後ろにケヴィンも乗っかってるけど、気にならねー。いやもう、なんつうの? すげーって言葉しか出ねえ。
「じゃあ、ちょっと一周してみましょうか」
おう! ぽっくぽっく並足でゆっくり進んでいく。花が咲き乱れる中庭を回る。風が気持ちいい。
うぉおおおお! すげー!
「坊ちゃんー? 一周終わりましたよ。どう……って、もう一周ですね。わかりました。キラッキラした目をしちゃってまあ……」
いやもう、自分でもわかるくらい、テンションが高い。馬に乗ってるってだけで、こんな興奮するなんて思わなかった。マジで楽しい。いつまでも乗っていたい。
ふおー、これで自分一人で自在に乗れるようになったらどうなるの? 絶対楽しいに決まってる。うおおお、早く一人で乗れるようになりてー。
こんな調子で何周もさせていると、ケヴィンの方が根負けした。
ちっ、根性のない。
「坊ちゃんー? ぐるぐるぐるぐるおんなじとこ回るのって目が回るんですよ~? こんな狭いとこ五十周はマジキツイっす。もう少し乗れるようになったら、遠乗りに連れて行きますんで、今日はもう勘弁してください~」
マジで!? うわぁい! やったぜ!
喜んでいると、母上が庭に面したテラスでにこにこ笑ってるのが見えた。
手を振って、駆け寄る。
「母上! 見てもらえましたか? たくさん、馬に乗りました! 今度は遠乗りに連れてってくれるそうです!」
「まあ、よかったわね。ええ、見ていましたよ。でもあんまり無茶を言っては駄目ですよ。ケヴィンも馬も疲れてしまいますからね」
はぁい。
そうか、ケヴィンはともかく、馬が疲れちゃ可哀想だよな。
「ふふ、ウェンディもお兄様の雄姿を見て喜んでいたわ。ねえ、お兄様、格好良かったわね」
ウェンディとは俺の妹だ。
もう、一歳になる。
ゆりかごでキャッキャと笑っている。

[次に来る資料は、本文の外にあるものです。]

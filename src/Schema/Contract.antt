-- ===== src/Schema/Contract.antt =====
-- crates/waf-schema-enforcement/src/api_schema.rs, the contract of an operation: a request's parameters and
-- body are held against what the operation declares.
--
-- A compiled JSON-Schema validator, with its answers, the JSON parser and the parser of an `f64` are
-- parameters. A `BTreeSet` of violations is the ascending list of its elements.
pub mod Violations
use light_waf.Prelude.{
  ℕ, zero, suc, ◌+◌, ◌-◌, ◌*◌, ◌^◌, Bool, true, false, not, ◌&&◌, ◌||◌, Option, none, some, List,
  [], ◌∷◌, ◌++◌, Bytes, codes, ◌=bytes◌, ◌==◌, ltb, leb, any, filterb, find, is_empty, map, split,
  to_ascii_lowercase, eq_ignore_ascii_case, trim, decimal, if◌then◌else◌,
}
use mathlib.Core.Option
use light_waf.Schema.Value.{Value, number, string, bool}
use light_waf.Schema.Rules.{
  Rule, api_unknown_param, api_missing_required, api_type_violation, api_unknown_property,
  api_content_type, api_body_parse_error,
}

pub data Violation : Type 0 where
  unknown_param missing_required type_violation unknown_property content_type body_parse_error :
      Violation

unfoldable pub rule : Violation → Rule
rule unknown_param = api_unknown_param
rule missing_required = api_missing_required
rule type_violation = api_type_violation
rule unknown_property = api_unknown_property
rule content_type = api_content_type
rule body_parse_error = api_body_parse_error

-- the derived `Ord`
unfoldable pub rank : Violation → ℕ
rank unknown_param = 0
rank missing_required = 1
rank type_violation = 2
rank unknown_property = 3
rank content_type = 4
rank body_parse_error = 5

-- `BTreeSet::insert`
unfoldable pub insert : Violation → List Violation → List Violation
insert v [] = v ∷ []
insert v (w ∷ out) =
    let later = w ∷ insert v out in
    if rank v == rank w then w ∷ out else if ltb (rank v) (rank w) then v ∷ w ∷ out else later

abbrev pub insert_if : Bool → Violation → List Violation → List Violation
unfolding insert
insert_if true v out = insert v out
insert_if false v out = out

pub data ParamIn : Type 0 where
  in_path in_query in_header : ParamIn

pub data ScalarType : Type 0 where
  integer number_type boolean string_type : ScalarType

-- the kinds of validation error that `classify` tells apart
pub data ErrorKind : Type 0 where
  additional_properties unevaluated_properties required_missing other_kind : ErrorKind

pub record RequestParts : Type 0 where
  pub path_params : List (Bytes × Bytes)
  pub query_params : List (Bytes × Bytes)
  pub headers : List (Bytes × Bytes)
  pub media_type : Option Bytes
  pub body : Option Bytes

pub record CompiledParam (Validator : Type 0) : Type 0 where
  pub name : Bytes
  pub location : ParamIn
  pub required : Bool
  pub scalar : Option ScalarType
  pub validator : Option Validator

pub record CompiledBody (Validator : Type 0) : Type 0 where
  pub required : Bool
  pub media_types : List Bytes
  pub json : Option Validator

pub record CompiledOp (Validator : Type 0) : Type 0 where
  pub params : List (CompiledParam Validator)
  pub body : Option (CompiledBody Validator)

unfoldable pub find_value : List (Bytes × Bytes) → Bytes → Bool → Option Bytes
find_value pairs name ci =
    Option.map (λ (p : Bytes × Bytes). p.1)
      (find (λ (p : Bytes × Bytes). if ci then eq_ignore_ascii_case p.0 name else p.0 =bytes name)
        pairs)

unfoldable pub classify : ErrorKind → Violation
classify additional_properties = unknown_property
classify unevaluated_properties = unknown_property
classify required_missing = missing_required
classify other_kind = type_violation

-- the value of a run of digits after `n`
unfoldable pub digits_from : ℕ → Bytes → Option ℕ
digits_from n [] = some n
digits_from n (c ∷ cs) =
    let rest = digits_from (n * 10 + (c - 48)) cs in if leb 48 c && leb c 57 then rest else none

unfoldable pub digits_upto : ℕ → Bytes → Option ℕ
unfolding digits_from
digits_upto max cs =
    if is_empty cs
    then none
    else elim (digits_from 0 cs) [ none ↦ none | some n ↦ if leb n max then some n else none ]

-- `parse::<i64>`, as the text of the number
unfoldable pub parse_i64 : Bytes → Option Bytes
unfolding digits_upto
parse_i64 [] = none
parse_i64 (c ∷ cs) =
    if c == b'-'
    then Option.map (λ n. if n == 0 then decimal 0 else b'-' ∷ decimal n) (digits_upto (2 ^ 63) cs)
    else Option.map decimal (digits_upto (2 ^ 63 - 1) (if c == b'+' then cs else c ∷ cs))

abbrev number_or : Option Bytes → Bytes → Value
number_or none val = string val
number_or (some n) val = number n

unfoldable pub coerce : (Bytes → Option Bytes) → Bytes → ScalarType → Value
unfolding parse_i64
coerce parse_f64 val string_type = string val
coerce parse_f64 val boolean =
    if val =bytes codes "true"
    then bool true
    else if val =bytes codes "false"
    then bool false
    else string val
coerce parse_f64 val integer = number_or (parse_i64 val) val
coerce parse_f64 val number_type = number_or (parse_f64 val) val

abbrev first : List Bytes → Bytes
first [] = []
first (p ∷ ps) = p

unfoldable pub media_type_key : Bytes → Bytes
media_type_key ct = to_ascii_lowercase (trim (first (split b';' ct)))

unfoldable pub ends_with : Bytes → Bytes → Bool
ends_with suffix [] = suffix =bytes []
ends_with suffix (c ∷ cs) = (suffix =bytes c ∷ cs) || ends_with suffix cs

unfoldable pub is_json_media_type : Bytes → Bool
unfolding ends_with
is_json_media_type ct = (ct =bytes codes "application/json") || ends_with (codes "+json") ct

ああ、可愛いなぁ。
「ほんと? お兄様は頑張ったよ。見ててくれてありがとうね、ウェンディ」
「あう〜」
ああ、マジで可愛い。天使だ、天使がいる。
くるっくるで、ふわっふわの薄い金色の産毛をナデナデすと、くしゃっと笑うんだ。あーもう、可愛すぎてお兄ちゃん、なんでもしちゃうぞー。
母上はくすくす笑ってた。
時間があるならウェンディに絵本を読んであげてと言われたので、喜んで読んだ。
この国に古くから伝わる、『聖女伝説』だ。
むかしむかし、この世界が魔王によって闇に包まれた時、一人の女の子が誕生した。
女の子は神様の加護を受けて誰よりも優しく美しい少女へと成長する。
少女は神様の指名を受け、魔物に襲われている村々を救う旅に出る。
その旅の途中で、数人のイケメンと出会い、イケメンの助けを得て魔王を倒し、世界を救う。

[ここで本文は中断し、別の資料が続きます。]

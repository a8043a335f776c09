-- ===== src/Schema/Dialect.antt =====
-- crates/waf-schema-enforcement/src/api_schema.rs, `normalize_schema_3_0`, `enforce_additional_properties` and
-- `compile_validator`: a schema of OpenAPI 3.0 is written as JSON Schema before it is compiled.
--
-- The source changes an object and then the values in it; here the values come first. Dialect.Order shows that
-- this is the source's recursion. The order of an object's members has no meaning.
pub mod Order
use light_waf.Prelude.{
  ℕ, Bool, true, false, not, ◌&&◌, ◌||◌, Option, none, some, List, [], ◌∷◌, ◌++◌, Bytes, codes,
  ◌=bytes◌, any, if◌then◌else◌,
}
use light_waf.Schema.Value.{
  Value, Values, Members, null, bool, number, string, array, object, no_values, value_and,
  no_members, member_and, member, get,
}
use light_waf.Schema.Value

-- `Map::remove`
unfoldable pub remove : Bytes → Members → Members
remove key no_members = no_members
remove key (member_and k v rest) =
    let kept = remove key rest in if k =bytes key then kept else member_and k v kept

-- `Map::insert`, and a write through `get_mut`
unfoldable pub insert : Bytes → Value → Members → Members
insert key w no_members = member_and key w no_members
insert key w (member_and k v rest) =
    let later = member_and k v (insert key w rest) in
    if k =bytes key then member_and key w rest else later

abbrev pub is_null_text : Value → Bool
is_null_text (string s) = s =bytes codes "null"
is_null_text null = false
is_null_text (bool b) = false
is_null_text (number n) = false
is_null_text (array items) = false
is_null_text (object fields_of) = false

unfoldable pub contains_null : Values → Bool
contains_null no_values = false
contains_null (value_and v rest) = is_null_text v || contains_null rest

unfoldable pub push : Values → Value → Values
push no_values w = value_and w no_values
push (value_and v rest) w = value_and v (push rest w)

unfoldable pub add_null_to_type : Value → Value
unfolding contains_null push
add_null_to_type (string s) =
    array (value_and (string s) (value_and (string (codes "null")) no_values))
add_null_to_type (array items) =
    if contains_null items then array items else array (push items (string (codes "null")))
add_null_to_type null = null
add_null_to_type (bool b) = bool b
add_null_to_type (number n) = number n
add_null_to_type (object fields_of) = object fields_of

abbrev pub bool_of : Option Value → Option Bool
bool_of (some (bool b)) = some b
bool_of none = none
bool_of (some null) = none
bool_of (some (number n)) = none
bool_of (some (string s)) = none
bool_of (some (array items)) = none
bool_of (some (object fields_of)) = none

-- `map.insert(key, v)` if there is a value
abbrev pub insert_some : Bytes → Option Value → Members → Members
unfolding insert
insert_some key none m = m
insert_some key (some v) m = insert key v m

abbrev pub fix_with : Option Bool → Bytes → Bytes → Members → Members
unfolding remove insert_some
fix_with none excl bound m = m
fix_with (some false) excl bound m = remove excl m
fix_with (some true) excl bound m =
    insert_some excl (member bound (remove excl m)) (remove bound (remove excl m))

unfoldable pub fix_exclusive_bound : Bytes → Bytes → Members → Members
unfolding fix_with
fix_exclusive_bound excl bound m = fix_with (bool_of (member excl m)) excl bound m

abbrev pub widen_type : Option Value → Members → Members
unfolding insert add_null_to_type
widen_type none m = m
widen_type (some t) m = insert (codes "type") (add_null_to_type t) m

abbrev pub widen_with : Option Bool → Members → Members
unfolding widen_type
widen_with (some true) m = widen_type (member (codes "type") m) m
widen_with (some false) m = m
widen_with none m = m

-- what `normalize_schema_3_0` does to one object, before it goes into the members
unfoldable pub normalize_object : Members → Members
unfolding widen_with remove fix_exclusive_bound
normalize_object m = fix_exclusive_bound (codes "exclusiveMaximum") (codes "maximum") (
    fix_exclusive_bound (codes "exclusiveMinimum") (codes "minimum")
      (remove (codes "nullable") (widen_with (bool_of (member (codes "nullable") m)) m)))

unfoldable mutual
  unfolding normalize_object

  pub normalize_schema_3_0 : Value → Value
  normalize_schema_3_0 (object fields_of) = object (normalize_object (normalize_members fields_of))
  normalize_schema_3_0 (array items) = array (normalize_values items)
  normalize_schema_3_0 null = null
  normalize_schema_3_0 (bool b) = bool b
  normalize_schema_3_0 (number n) = number n
  normalize_schema_3_0 (string s) = string s

  pub normalize_values : Values → Values
  normalize_values no_values = no_values
  normalize_values (value_and v rest) = value_and (normalize_schema_3_0 v) (normalize_values rest)

  pub normalize_members : Members → Members
  normalize_members no_members = no_members
  normalize_members (member_and k v rest) =
      member_and k (normalize_schema_3_0 v) (normalize_members rest)

unfoldable pub has_key : Members → Bytes → Bool
has_key m key = elim (member key m) [ none ↦ false | some v ↦ true ]

abbrev pub text_of : Option Value → Option Bytes
text_of (some (string s)) = some s
text_of none = none
text_of (some null) = none
text_of (some (bool b)) = none
text_of (some (number n)) = none
text_of (some (array items)) = none
text_of (some (object fields_of)) = none

-- `as_str() == Some(s)`
abbrev pub is_text : Option Bytes → Bytes → Bool
is_text none s = false
is_text (some t) s = t =bytes s

unfoldable pub enforce_additional_properties : Value → Value
unfolding has_key insert
enforce_additional_properties (object m) =
    let composed =
      any (has_key m)
        (codes "allOf" ∷ codes "anyOf" ∷ codes "oneOf" ∷ codes "$ref" ∷ codes "not" ∷ []) in
    let is_object =
      is_text (text_of (member (codes "type") m)) (codes "object")
      || has_key m (codes "properties") in
    if is_object && (not composed && not (has_key m (codes "additionalProperties")))
    then object (insert (codes "additionalProperties") (bool false) m)
    else object m
enforce_additional_properties null = null
enforce_additional_properties (bool b) = bool b
enforce_additional_properties (number n) = number n
enforce_additional_properties (string s) = string s
enforce_additional_properties (array items) = array items

-- `entry("components").or_insert_with`
unfoldable pub with_components : Option Value → Value → Value
unfolding has_key insert
with_components none v = v
with_components (some comps) (object m) =
    if has_key m (codes "components")
    then object m
    else object (insert (codes "components") comps m)
with_components (some comps) null = null
with_components (some comps) (bool b) = bool b
with_components (some comps) (number n) = number n
with_components (some comps) (string s) = string s
with_components (some comps) (array items) = array items

-- the schema that `compile_validator` hands on
unfoldable pub prepared : Value → Value → Bool → Bool → Value
unfolding enforce_additional_properties with_components normalize_schema_3_0
prepared doc schema is_3_0 strict_object =
    let s = if strict_object then enforce_additional_properties schema else schema in
    let s' = with_components (get (codes "components") doc) s in
    if is_3_0 then normalize_schema_3_0 s' else s'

そしてイケメンの王子と結ばれました。めでたしめでたし。
女の子のシンデレラストーリーだな。それともヒロイックファンタジー?
ジャンヌ・ダルクっぽくもある。
この聖女の末裔が王家らしいけど、眉唾もんだよな。
俺としては、王子が主人公とかの英雄譚がいいんだけど、実在の英雄譚のような伝記はあってもヒロイックファンタジーな物語は少ない。
比較的、女の子が主人公の話が多くて、ちょっと不満だ。
絵本を読み聞かせてやると、ウェンディはすやすや寝ていた。うん、可愛い。
あとは、母上と一緒に、レース編みをして遊んだ。
母上はウェンディの産着用の為だけど、俺は趣味だ。
いや、勉強だけじゃ、時間が余るんだよ。剣の稽古もしてるけど、時間制限がかけられてるんだ。だから、乗馬練習する前は、妊娠中の母上の側によく行っていたんだよな。

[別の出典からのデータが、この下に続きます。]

-- ===== src/Schema/Enforce.antt =====
-- crates/waf-schema-enforcement/src/api_schema.rs, `CompiledSpec::validate` and the module: a request to a
-- declared operation is held against its contract, and what fails becomes score items.
pub mod Exact
pub mod Validate
use light_waf.Prelude.{
  ℕ, Bool, true, false, not, ◌&&◌, ◌||◌, Option, none, some, List, [], ◌∷◌, Bytes, codes, ◌=bytes◌,
  any, filterb, find, is_empty, map, strip_prefix, to_ascii_lowercase, if◌then◌else◌,
}
use mathlib.Core.Option
use light_waf.Core.Decision.{Severity, ScoreItem, Decision, allow, scores}
use light_waf.Core.Request.{RequestContext}
use light_waf.Schema.Value.{Value}
use light_waf.Schema.Rules.{Rule, id, api_unknown_route, api_method_not_allowed}
use light_waf.Schema.Router.{Route, Resolution, unknown_route, method_not_allowed, matched, resolve}
use light_waf.Schema.Contract.{
  Violation, unknown_param, missing_required, content_type, body_parse_error, type_violation, rule,
  insert, insert_if, ParamIn, in_path, in_query, in_header, ScalarType, ErrorKind, RequestParts,
  CompiledParam, CompiledBody, CompiledOp, find_value, classify, coerce, media_type_key,
  is_json_media_type,
}

pub record CompiledSpec (Validator : Type 0) : Type 0 where
  pub router : List Route
  pub strict_params : Bool
  pub ops : List ((Bytes × Bytes) × CompiledOp Validator)

-- `ops.get(&(template, method))`
unfoldable pub find_op :
    {Validator : Type 0}
    → List ((Bytes × Bytes) × CompiledOp Validator)
    → Bytes
    → Bytes
    → Option (CompiledOp Validator)
find_op [] template method = none
find_op (((t, m), op) ∷ ops) template method =
    if (t =bytes template) && (m =bytes method) then some op else find_op ops template method

unfoldable pub observed :
    {Validator : Type 0} → RequestParts → CompiledParam Validator → Option Bytes
unfolding find_value
observed req p = elim p.location [
  | in_path ↦ find_value req.path_params p.name false
  | in_query ↦ find_value req.query_params p.name false
  | in_header ↦ find_value req.headers p.name true
]

abbrev is_query : ParamIn → Bool
is_query in_path = false
is_query in_query = true
is_query in_header = false

-- `declared.contains(k)` for the names of the declared query parameters
unfoldable pub is_declared : {Validator : Type 0} → CompiledOp Validator → Bytes → Bool
is_declared op k =
    any (λ n. n =bytes k) (map (λ p. p.name) (filterb (λ p. is_query p.location) op.params))

abbrev is_present : Option Bytes → Bool
is_present none = false
is_present (some b) = not (is_empty b)

-- `unwrap_or_default`
unfoldable pub request_media_type : RequestParts → Bytes
request_media_type req = elim req.media_type [ none ↦ [] | some ct ↦ media_type_key ct ]

unfoldable pub accepts : {Validator : Type 0} → CompiledBody Validator → Bytes → Bool
accepts body ct =
    is_empty body.media_types || any (λ m. (m =bytes ct) || (m =bytes codes "*/*")) body.media_types

abbrev or_empty : Option Bytes → Bytes
or_empty none = []
or_empty (some b) = b

module _ {Validator : Type 0} (is_valid : Validator → Value → Bool)
    (iter_errors : Validator → Value → List ErrorKind) (from_slice : Bytes → Option Value)
    (parse_f64 : Bytes → Option Bytes) where
  -- whether an observed value fails its scalar type
  unfoldable pub fails_scalar : CompiledParam Validator → Bytes → Bool
  fails_scalar p val = elim p.scalar [
    | none ↦ false
    | some scalar ↦ elim p.validator [
      | none ↦ false
      | some v ↦ not (is_valid v (coerce parse_f64 val scalar))
    ]
  ]

  -- what one parameter adds, by its observed value
  unfoldable pub judge_param :
      CompiledParam Validator → Option Bytes → List Violation → List Violation
  unfolding fails_scalar
  judge_param p none out = insert_if p.required missing_required out
  judge_param p (some val) out = insert_if (fails_scalar p val) type_violation out

  unfoldable pub check_params :
      RequestParts → List (CompiledParam Validator) → List Violation → List Violation
  unfolding observed judge_param
  check_params req [] out = out
  check_params req (p ∷ params) out = check_params req params (judge_param p (observed req p) out)

  unfoldable pub insert_errors : List ErrorKind → List Violation → List Violation
  unfolding insert
  insert_errors [] out = out
  insert_errors (kind ∷ kinds) out = insert_errors kinds (insert (classify kind) out)

  -- what a JSON body adds, by the result of parsing it
  unfoldable pub judge_json : Validator → Option Value → List Violation → List Violation
  unfolding insert insert_errors
  judge_json v none out = insert body_parse_error out
  judge_json v (some instance_value) out = insert_errors (iter_errors v instance_value) out

  abbrev json_with : Option Validator → Bytes → List Violation → List Violation
  unfolding judge_json
  json_with none body out = out
  json_with (some v) body out = judge_json v (from_slice body) out

  unfoldable pub check_body :
      RequestParts → CompiledBody Validator → List Violation → List Violation
  unfolding json_with
  check_body req body out =
      if not (is_present req.body)
      then insert_if body.required missing_required out
      else let ct = request_media_type req in
        let out' = insert_if (not (accepts body ct)) content_type out in
        if is_json_media_type ct then json_with body.json (or_empty req.body) out' else out'

  abbrev body_with :
      RequestParts → Option (CompiledBody Validator) → List Violation → List Violation
  unfolding check_body
  body_with req none out = out
  body_with req (some body) out = check_body req body out

  -- `validate` of the operation that it finds
  unfoldable pub validate_op : Bool → CompiledOp Validator → RequestParts → List Violation
  unfolding check_params body_with
  validate_op strict_params op req = body_with req op.body (
      insert_if (strict_params && any (λ q. not (is_declared op q.0)) req.query_params)
        unknown_param (check_params req op.params []))

  abbrev validate_with : Bool → Option (CompiledOp Validator) → RequestParts → List Violation
  unfolding validate_op
  validate_with strict_params none req = []
  validate_with strict_params (some op) req = validate_op strict_params op req

  unfoldable pub validate : CompiledSpec Validator → Bytes → Bytes → RequestParts → List Violation
  unfolding validate_with
  validate spec template method req =
      validate_with spec.strict_params (find_op spec.ops template (to_ascii_lowercase method)) req

pub record ApiSchemaModule (Validator : Type 0) : Type 0 where
  pub compiled : CompiledSpec Validator
  pub enabled : Bool
  pub paths : List Bytes
  pub unknown_route_severity : Severity
  pub violation_severity : Severity

unfoldable pub starts_with : Bytes → Bytes → Bool
starts_with s p = elim (strip_prefix p s) [ none ↦ false | some rest ↦ true ]

unfoldable pub guards : {Validator : Type 0} → ApiSchemaModule Validator → Bytes → Bool
unfolding starts_with
guards m path = any (starts_with path) m.paths

unfoldable pub one : Rule → Severity → Decision
one r severity = scores (record { rule_id = id r; severity = severity } ∷ [])

unfoldable pub parts : RequestContext → List (Bytes × Bytes) → RequestParts
unfolding find_value
parts ctx path_params = record {
  path_params = path_params;
  query_params = ctx.normalized.query_params;
  headers = ctx.normalized.headers;
  media_type = find_value ctx.normalized.headers (codes "content-type") false;
  body = if is_empty ctx.body then none else some ctx.body;
}

module _ {Validator : Type 0} (is_valid : Validator → Value → Bool)
    (iter_errors : Validator → Value → List ErrorKind) (from_slice : Bytes → Option Value)
    (parse_f64 : Bytes → Option Bytes) where
  unfoldable pub scores_of : ApiSchemaModule Validator → List Violation → Decision
  scores_of m [] = allow
  scores_of m (v ∷ violations) = scores (
      map (λ w. record { rule_id = id (rule w); severity = m.violation_severity }) (v ∷ violations))

  unfoldable pub inspect : ApiSchemaModule Validator → RequestContext → Decision
  unfolding one guards scores_of
  inspect m ctx =
      if not m.enabled
      then allow
      else if not (guards m ctx.normalized.path)
      then allow
      else elim (resolve m.compiled.router ctx.normalized.path ctx.method) [
        | unknown_route ↦ one api_unknown_route m.unknown_route_severity
        | method_not_allowed ↦ one api_method_not_allowed m.unknown_route_severity
        | matched template path_params ↦ scores_of m (
            validate is_valid iter_errors from_slice parse_f64 m.compiled template ctx.method
              (parts ctx path_params))
      ]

母上はウェンディの為に産着に刺繍したり、レース編みしたりしてたから、俺もやってみようって思ってやり始めたら、案外面白くて続けてる。
マーサは嫡男としてみっともないから、止めるように言ってくるけど、ヒマだし。手持ち無沙汰の時はつい、編んでしまってる。
勉強が難しくなって、身体も出来て稽古時間が増えたら止めるつもりだし、それまではってことで許してもらった。
それにいくつか作って、父上や母上にあげたら、喜んで正装に付けてしまったのには驚いたけど。
そこそこ出来が良かったらしい。
恥ずかしいけど、嬉しかった。
◇
そんな風に過ごしていると、父上がやって来た。側には俺と同じくらいの少年がいた。なんだろ?
「今日も元気だね。ウェンディはお休み中かな?」
「いらっしゃいませ、あなた。ええ、テオドールが絵本を読み聞かせていたからぐっすりですよ。もう少し早くいらしたら、起きていましたのに」
「ああ、それは残念だったな。今度は起きている時に来よう。テオドールはまたレース編みをしてるのかい? 器用だね。今度は何を編んでいるのかな?」
父上が言うと、少年が驚いた素振りを見せた。うん、俺自身もこれだけハマるとは思ってなかったよ。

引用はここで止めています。